Fix documented security risk around potential risk to inject messages into other user's thread

[kristofer-tdy]

The reference implementation contains a TODO that clearly and correctly identifies a security problem. I don't think that any reference implementation, specifically not one that takes so much care to secure the infrastructure in Azure like this one, should have a known unfixed security problem. It's time to fix it and implement a state store to connect the user's and the conversation with a threadId in Azure AI Foundry.

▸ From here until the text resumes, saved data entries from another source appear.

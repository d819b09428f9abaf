-- ===== src/Server/Events.antt =====
-- What reaches the server: connections, bytes, ticks, the authenticator's thread and closed links
-- (Src/Server/Server.cpp, Src/Server/ClientHandle.cpp and Src/Server/Protocol/Authenticator.cpp). Each is
-- one step, as if it held the server's lock throughout.
use p2pchat.Prelude.{ℕ, ◌==◌, Bool, none, some, List, [], ◌∷◌, map, is_nil, if◌then◌else◌, pos}
use p2pchat.Outcome.{Outcome, ok, Reader, ◌>>◌, modify}
use p2pchat.IniFile.{AString, str_eq, tolower}
use p2pchat.ByteBuffer.{ByteBuffer}
use p2pchat.Framing.{aside, add_received_data}
use p2pchat.Session.{rank, ClientHandle}
use p2pchat.Session.Sending.{packet_buffer_full, packet_error, on_received_data, end_tick}
use p2pchat.Server.{
  User, Server, find_client, on_client, kick_user, authenticate_user, destroy,
  on_connection_accepted,
}
use p2pchat.Server.Handlers.{handle_packet}

-- `m_ReceivedData` of a client.
abbrev pub set_received_data : ByteBuffer → ClientHandle → ClientHandle
set_received_data b c = record c { protocol = record c.protocol { received_data = b } }

-- The buffer goes back into the client.
abbrev pub keep_received :
    ℕ → Outcome (Unit {0}) × (ByteBuffer × Server) → Outcome (Unit {0}) × Server
keep_received id (r, (b, s)) = (r, (on_client id (modify (set_received_data b)) s).1)

-- `m_Clients.erase`.
unfoldable pub erase_client : ℕ → List ClientHandle → List ClientHandle
erase_client id [] = []
erase_client id (c ∷ cs) =
    let rest = erase_client id cs in if c.unique_id == id then cs else c ∷ rest

-- `fresh n` is the memory that `new char[n]` gives.
module _ (fresh : ℕ → List ℕ) where
  -- `DataReceived` of a client at a time.
  unfoldable pub data_received : ℕ → ℕ → AString → Reader Server (Unit {0})
  data_received now id bytes s = elim (find_client id s.clients) [
    | none ↦ (ok tt, s)
    | some c ↦ keep_received id (
        add_received_data fresh (λ type. aside (handle_packet now id type))
          (λ type. on_client id packet_error) (on_client id packet_buffer_full) bytes
          (c.protocol.received_data, s))
  ]

  -- The swapped-out `m_IncomingData` of `ServerTick`.
  unfoldable pub process_incoming : ℕ → ClientHandle → Reader Server (Unit {0})
  process_incoming now c =
      on_client c.unique_id (modify (λ c'. record c' { incoming_data = [] }))
      >> (if is_nil c.incoming_data
          then modify (λ s. s)
          else data_received now c.unique_id c.incoming_data)

  unfoldable pub server_tick : ℕ → ClientHandle → Reader Server (Unit {0})
  server_tick now c = process_incoming now c >> on_client c.unique_id (end_tick now)

  unfoldable pub tick_one : ℕ → ℕ → Reader Server (Unit {0})
  tick_one now id s = elim (find_client id s.clients) [
    | none ↦ (ok tt, s)
    | some c ↦
        let erased : Outcome (Unit {0}) × Server =
          (ok tt, record s { clients = erase_client id s.clients }) in
        let ticked = server_tick now c s in if rank c.state == 5 then erased else ticked
  ]

  -- The loop of `TickClients`, over the numbers of the clients: a tick neither adds nor removes one.
  unfoldable pub tick_loop : ℕ → List ℕ → Reader Server (Unit {0})
  tick_loop now [] = modify (λ s. s)
  tick_loop now (id ∷ ids) = tick_one now id >> tick_loop now ids

  unfoldable pub tick_clients : ℕ → Reader Server (Unit {0})
  tick_clients now s = tick_loop now (map (λ c. c.unique_id) s.clients) s

-- `md5` is `MD5::toString` of a text.
module _ (md5 : AString → AString) where
  -- `AuthFromDBPoll`.
  unfoldable pub auth_from_db_poll : User → Bool
  auth_from_db_poll u = str_eq (map tolower (md5 u.username)) u.password

  -- The rest of a round of `cAuthenticator::Execute`, for the user that was taken out. `false` is the code
  -- 0, an account that does not match.
  unfoldable pub answer_user : ℕ → User → Reader Server (Unit {0})
  answer_user now u =
      if auth_from_db_poll u
      then authenticate_user now u.client_id u.username
      else kick_user u.client_id (pos 0)

  -- A round; with an empty queue the thread waits.
  unfoldable pub execute_round : ℕ → Reader Server (Unit {0})
  execute_round now s = elim s.queue [
    | [] ↦ (ok tt, s)
    | u ∷ us ↦ answer_user now u (record s { queue = us })
  ]

pub data Event : Type 0 where
  accepts : AString → Event
  receives : ℕ → AString → Event
  ticks : Event
  authenticates : Event
  closes : ℕ → Event

module _ (fresh : ℕ → List ℕ) (md5 : AString → AString) where
  -- An event at a time.
  unfoldable pub step : ℕ × Event → Reader Server (Unit {0})
  step (now, accepts ip) = on_connection_accepted fresh now ip
  step (now, receives id bytes) = on_client id (modify (on_received_data bytes))
  step (now, ticks) = tick_clients fresh now
  step (now, authenticates) = execute_round md5 now
  step (now, closes id) = destroy id

  unfoldable pub run : List (ℕ × Event) → Reader Server (Unit {0})
  run [] = modify (λ s. s)
  run (e ∷ es) = step e >> run es

-- A server that has just started.
abbrev pub start : Server
start = record { clients = []; client_count = 0; queue = [] }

In file ChatController.cs, you'll find this:

    // TODO: [security] Do not trust client to provide threadId. Instead map current user to their active threadid in your application's own state store.
    // Without this security control in place, a user can inject messages into another user's thread.
    [HttpPost("{threadId}")]
    public async Task<IActionResult> Completions([FromRoute] string threadId, [FromBody] string prompt)
    {
        if (string.IsNullOrWhiteSpace(prompt))
            throw new ArgumentException("Prompt cannot be null, empty, or whitespace.", nameof(prompt));

        _logger.LogDebug("Prompt received {Prompt}", prompt);
        var _config = _options.CurrentValue;

        PersistentThreadMessage message = await _client.Messages.CreateMessageAsync(
            threadId,
            MessageRole.User,
            prompt);

        ThreadRun run = await _client.Runs.CreateRunAsync(threadId, _config.AIAgentId);

        while (run.Status == RunStatus.Queued || run.Status == RunStatus.InProgress || run.Status == RunStatus.RequiresAction)
        {
            await Task.Delay(TimeSpan.FromMilliseconds(500));
            run = (await _client.Runs.GetRunAsync(threadId, run.Id)).Value;
        }

        Pageable<PersistentThreadMessage> messages = _client.Messages.GetMessages(
            threadId: threadId, order: ListSortOrder.Ascending);

        var fullText =
            messages
                .Where(m => m.Role == MessageRole.Agent)
                .SelectMany(m => m.ContentItems.OfType<MessageTextContent>())
                .Last().Text;

        return Ok(new { data = fullText });
    }

[ckittel]

This is a great topic. This throwaway UI isn't supposed to be "in scope" for the guidance portion of this scenario. It's glossed over and has a very minimal implementation (obviously). There isn't even user signin in the application. We likely won't be investing in trying to bring architecture guidance to the sample chat UI, realistically speaking. I'll bring it up with the team though to see how we can improve.